I shook my head, “no,” but I knew exactly what happened.

“He asked if I took the ring to another jeweler for cleaning or repair.  I said I didn’t know.  He said unscrupulous jewelers replace precious gems with junk stones.  When I asked my wife, she told me every ring should be cleaned and inspected two or three times a year.  I asked if she checked the ring to make sure the same diamond was in it.  It was the second argument I won.  Saving duck eggs for Sunday omelets being the first.  I am an educated man, but even uneducated women win most arguments against their husbands.”

“My mother hardly ever argues with Father,” I said.

“Your father is a fortunate man.”

We neared a bend in the road a half kilometer from town.  He slowed his pace and looked around.

“Let’s place the drake in back,” he suggested.  “He’ll help keep the hens in line.”

“Is he a trained duck?”

“You’re funny, but now it is time for you to take charge.  If townsfolk think you work for me, they may not give you a white girl’s price.  Let them believe they are helping you, rewarding you for your hard work.”

“I think I understand.”

He rested my bicycle on a nearby tree trunk, corralled the drake, placed him behind the rest of the brood, handed me a small bag of maize and took a step back.  I took a few steps forward.  The ducks turned sideways craning their necks toward Paito.  He stamped his feet on the ground and roared like a lion.  The ducks scrambled up the road.  It took me and the drake two minutes to reestablish an orderly line.  We reached Moamba’s Plaza des Armas shortly after.

Farmers and wares sellers claimed prime locations along the square.  While looking for a spot, an elderly Portuguese couple approached.

“Have you brought your ducks to market, dear?” The lady asked.

“Yes.”

“Do they lay eggs?” Her husband followed.

I paused, not knowing what to say.  I was about to quip, “Not the drake.”

“Never mind him,” the lady interceded, “it’s obvious that these hens are meant for Christmas dinner.”

“Yes,” I blurted, “these two are especially plump.”
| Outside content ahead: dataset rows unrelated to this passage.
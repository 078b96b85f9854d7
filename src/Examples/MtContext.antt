-- ===== src/Examples/MtContext.antt =====
-- Two messages to an actor; the second comes while the first is handled.
use shamichan.Prelude.{ℕ, ◌≡◌, refl, List, [], ◌∷◌, none, some, true, false, ◌==◌}
use shamichan.Server.MtContext.{
  ActorState, queue_message, try_run_pending, on_started, set_stopping_state,
}
use shamichan.Server.MtContext
use shamichan.Server.MtContext.System.{System, Outcome, Event, start, step, run}
use shamichan.Server.MtContext.Order.{InOrder, run-InOrder, all_sent}
use shamichan.Server.MtContext.Conserved.{count, count_all, run-Conserved}
use shamichan.Server.MtContext.Stranded.{IsIdle, sent_done, stranded}

abbrev events : List (Event ℕ)
events = Event.queues 4 ∷ Event.handles Outcome.goes_on ∷ Event.queues 5 ∷ Event.finishes ∷ []

second_pending : run events start ≡ some (sent_done false false true (5 ∷ []) (4 ∷ []))
unfolding run step start MtContext.new on_started queue_message try_run_pending
second_pending = refl

run-InOrder_example : InOrder (all_sent events) (sent_done false false true (5 ∷ []) (4 ∷ []))
run-InOrder_example =
    run-InOrder events (sent_done false false true (5 ∷ []) (4 ∷ [])) (tt, (tt, (tt, (tt, tt))))
      second_pending

abbrev sent_idle : System ℕ
sent_idle = record (sent_done false false true (5 ∷ []) (4 ∷ [])) { locked = false; mailbox = [] }

abbrev handed : System ℕ
handed = record (sent_done false false true [] (4 ∷ [])) {
  task = some (record { rest = 5 ∷ []; stopped_self = false; leaves = false });
  mailbox = [];
}

-- The second message is stranded.
stranded_example :
    (run (Event.receives ∷ Event.releases ∷ []) (sent_done false false true (5 ∷ []) (4 ∷ []))
      ≡ some sent_idle)
    × IsIdle sent_idle
    × (run (Event.releases ∷ Event.receives ∷ []) (sent_done false false true (5 ∷ []) (4 ∷ []))
        ≡ some handed)
stranded_example = stranded false false 5 [] (4 ∷ [])

-- The actor stops itself at the first message, and the second is still pending.
abbrev stopping_events : List (Event ℕ)
stopping_events =
    Event.queues 4 ∷ Event.queues 5 ∷ Event.handles Outcome.stops ∷ Event.finishes ∷ []

abbrev stopping_end : System ℕ
stopping_end = record {
  scheduler = record { state = ActorState.stopping; stopped_self = false; pending = 5 ∷ [] };
  locked = true;
  task = none;
  mailbox = record { unprocessed = []; stopped_self = true } ∷ [];
  handled = 4 ∷ [];
  terminated = false;
}

second_left : run stopping_events start ≡ some stopping_end
unfolding run step start MtContext.new on_started queue_message try_run_pending set_stopping_state
second_left = refl

run-Conserved_example :
    count_all (λ m. m == 5) stopping_end ≡ count (λ m. m == 5) (all_sent stopping_events)
run-Conserved_example = run-Conserved (λ m. m == 5) stopping_events stopping_end second_left
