-- ===== src/Examples/PostBody.antt =====
-- An edit of a post body and the patch that it makes.
use shamichan.Prelude.{◌≡◌, ◌++◌, refl, map, [], ◌∷◌, none, some, ◌↔◌, arith}
use shamichan.PostBody.Text
use shamichan.PostBody.Text.RoundTrip.{apply-new}
use shamichan.PostBody.Node.{Node, Nodes, Patch, Patches}
use shamichan.PostBody.Append.{add_assign, add_string}
use shamichan.PostBody.Append.Content.{Item, content, add_assign-content}
use shamichan.PostBody.Diff.{diff, patch}
use shamichan.PostBody.Diff.RoundTrip.{patch-diff, diff-none}

abbrev old_body : Node
old_body = Node.bold (Node.children (Nodes.cons Node.newline (Nodes.cons Node.newline Nodes.nil)))

abbrev new_body : Node
new_body = Node.bold (Node.children (Nodes.cons Node.newline Nodes.nil))

abbrev edit : Patch
edit = Patch.wrapped (Patch.children Patches.nil (some 1) Nodes.nil)

diff_edit : diff old_body new_body ≡ some edit
unfolding diff
diff_edit = refl

patch-diff_example : patch edit old_body ≡ (new_body, none)
patch-diff_example = patch-diff old_body new_body edit (tt, (tt, tt)) diff_edit

diff-none_example : (diff old_body new_body ≡ none) ↔ (old_body ≡ new_body)
diff-none_example = diff-none old_body new_body (tt, (tt, tt))

-- "post" is edited to "poets".
apply-new_example :
    Text.apply
      (Text.new (112 ∷ 111 ∷ 115 ∷ 116 ∷ []) (112 ∷ 111 ∷ 101 ∷ 116 ∷ 115 ∷ []))
      []
      (112 ∷ 111 ∷ 115 ∷ 116 ∷ [])
    ≡ 112 ∷ 111 ∷ 101 ∷ 116 ∷ 115 ∷ []
apply-new_example =
    apply-new [] (112 ∷ 111 ∷ 115 ∷ 116 ∷ []) (112 ∷ 111 ∷ 101 ∷ 116 ∷ 115 ∷ []) (omega arith)

-- A text is appended to children that end in a text.
add_assign-content_example :
    (content (
        add_assign
          (Node.children (Nodes.cons (Node.text (97 ∷ [])) Nodes.nil))
          (Node.text (98 ∷ [])))
      ≡ content (Node.children (Nodes.cons (Node.text (97 ∷ [])) Nodes.nil))
        ++ content (Node.text (98 ∷ [])))
    × (content (add_string (Node.children (Nodes.cons (Node.text (97 ∷ [])) Nodes.nil)) (99 ∷ []))
        ≡ content (Node.children (Nodes.cons (Node.text (97 ∷ [])) Nodes.nil))
          ++ map Item.char (99 ∷ []))
add_assign-content_example =
    add_assign-content (Node.children (Nodes.cons (Node.text (97 ∷ [])) Nodes.nil))
      (Node.text (98 ∷ [])) (99 ∷ [])
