-- ===== src/Server/Snapshot.antt =====
-- `SnapshotSource`, `Snapshot` and `IDGenerator` of server/src/util.rs. An `Arc<T>` is its value.
pub mod Versions
use shamichan.Prelude.{ℕ, ◌+◌, ◌%◌, ◌^◌, Option, none, some, Bool, true, false, ◌&&◌, ◌==◌}

-- `IDGenerator::next`: the new counter is the identifier.
unfoldable pub next : ℕ → ℕ
next counter = (counter + 1) % 2 ^ 64

pub record Snapshot {ℓ} (T : Type ℓ) : Type ℓ where
  pub snapshot_version : ℕ
  pub val : T

pub record SnapshotSource {ℓ} (T : Type ℓ) : Type ℓ where
  pub val : T
  pub snapshot_version : ℕ
  pub last_snapshot : Option (Snapshot T)

module _ {ℓ} {T : Type ℓ} where
  -- `SnapshotSource::new`
  unfoldable pub new : T → SnapshotSource T
  new val = record { val = val; snapshot_version = 0; last_snapshot = none }

  abbrev pub snapshot_of : SnapshotSource T → Option (Snapshot T) → SnapshotSource T × Snapshot T
  snapshot_of s (some p) = (s, p)
  snapshot_of s none =
      let version = (s.snapshot_version + 1) % 2 ^ 64 in
      let p : Snapshot T = record { snapshot_version = version; val = s.val } in
      (record s { snapshot_version = version; last_snapshot = some p }, p)

  -- `SnapshotSource::snapshot`: the source after the call, and the snapshot.
  unfoldable pub snapshot : SnapshotSource T → SnapshotSource T × Snapshot T
  snapshot s = snapshot_of s s.last_snapshot

  -- A mutation of the value through `deref_mut`.
  unfoldable pub deref_mut : (T → T) → SnapshotSource T → SnapshotSource T
  deref_mut f s = record s { val = f s.val; last_snapshot = none }

  abbrev pub is_some : Option (Snapshot T) → Bool
  is_some none = false
  is_some (some p) = true

  -- `SnapshotSource == Snapshot`
  unfoldable pub source_eq : SnapshotSource T → Snapshot T → Bool
  source_eq s p = is_some s.last_snapshot && s.snapshot_version == p.snapshot_version

  -- `Snapshot == Snapshot`
  unfoldable pub snapshot_eq : Snapshot T → Snapshot T → Bool
  snapshot_eq p q = p.snapshot_version == q.snapshot_version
“Yes they are, dear.  Have you set a price on them?”

“I think they should sell for five hundred rands.”

“No you don’t!” Her husband reprimanded.

A small crowd formed around us.  Some of the ducks fidgeted.  I clucked softly and spinkled corn on nearby ground.  The drake muscled two hens into a cluster forming around my ankles.

“I meant five hundred for the pair,” I said.

“Well, dear, I am willing to pay two hundred apiece.”

“And I’ll pay three hundred for the drake,” a man wearing a straw hat and suspenders offered.

“Done,” I accepted.

The lady’s husband scooped up two large hens while she counted out her money.  They rushed to the butcher’s shop.  All the activity scattered my brood.  The man with the hat helped gather the ducks before he tied a twine loop around the drake’s neck.  A short man with a tall daughter purchased two more hens for one hundred fifty rands each.  Within five minutes, I accomplished half my task.  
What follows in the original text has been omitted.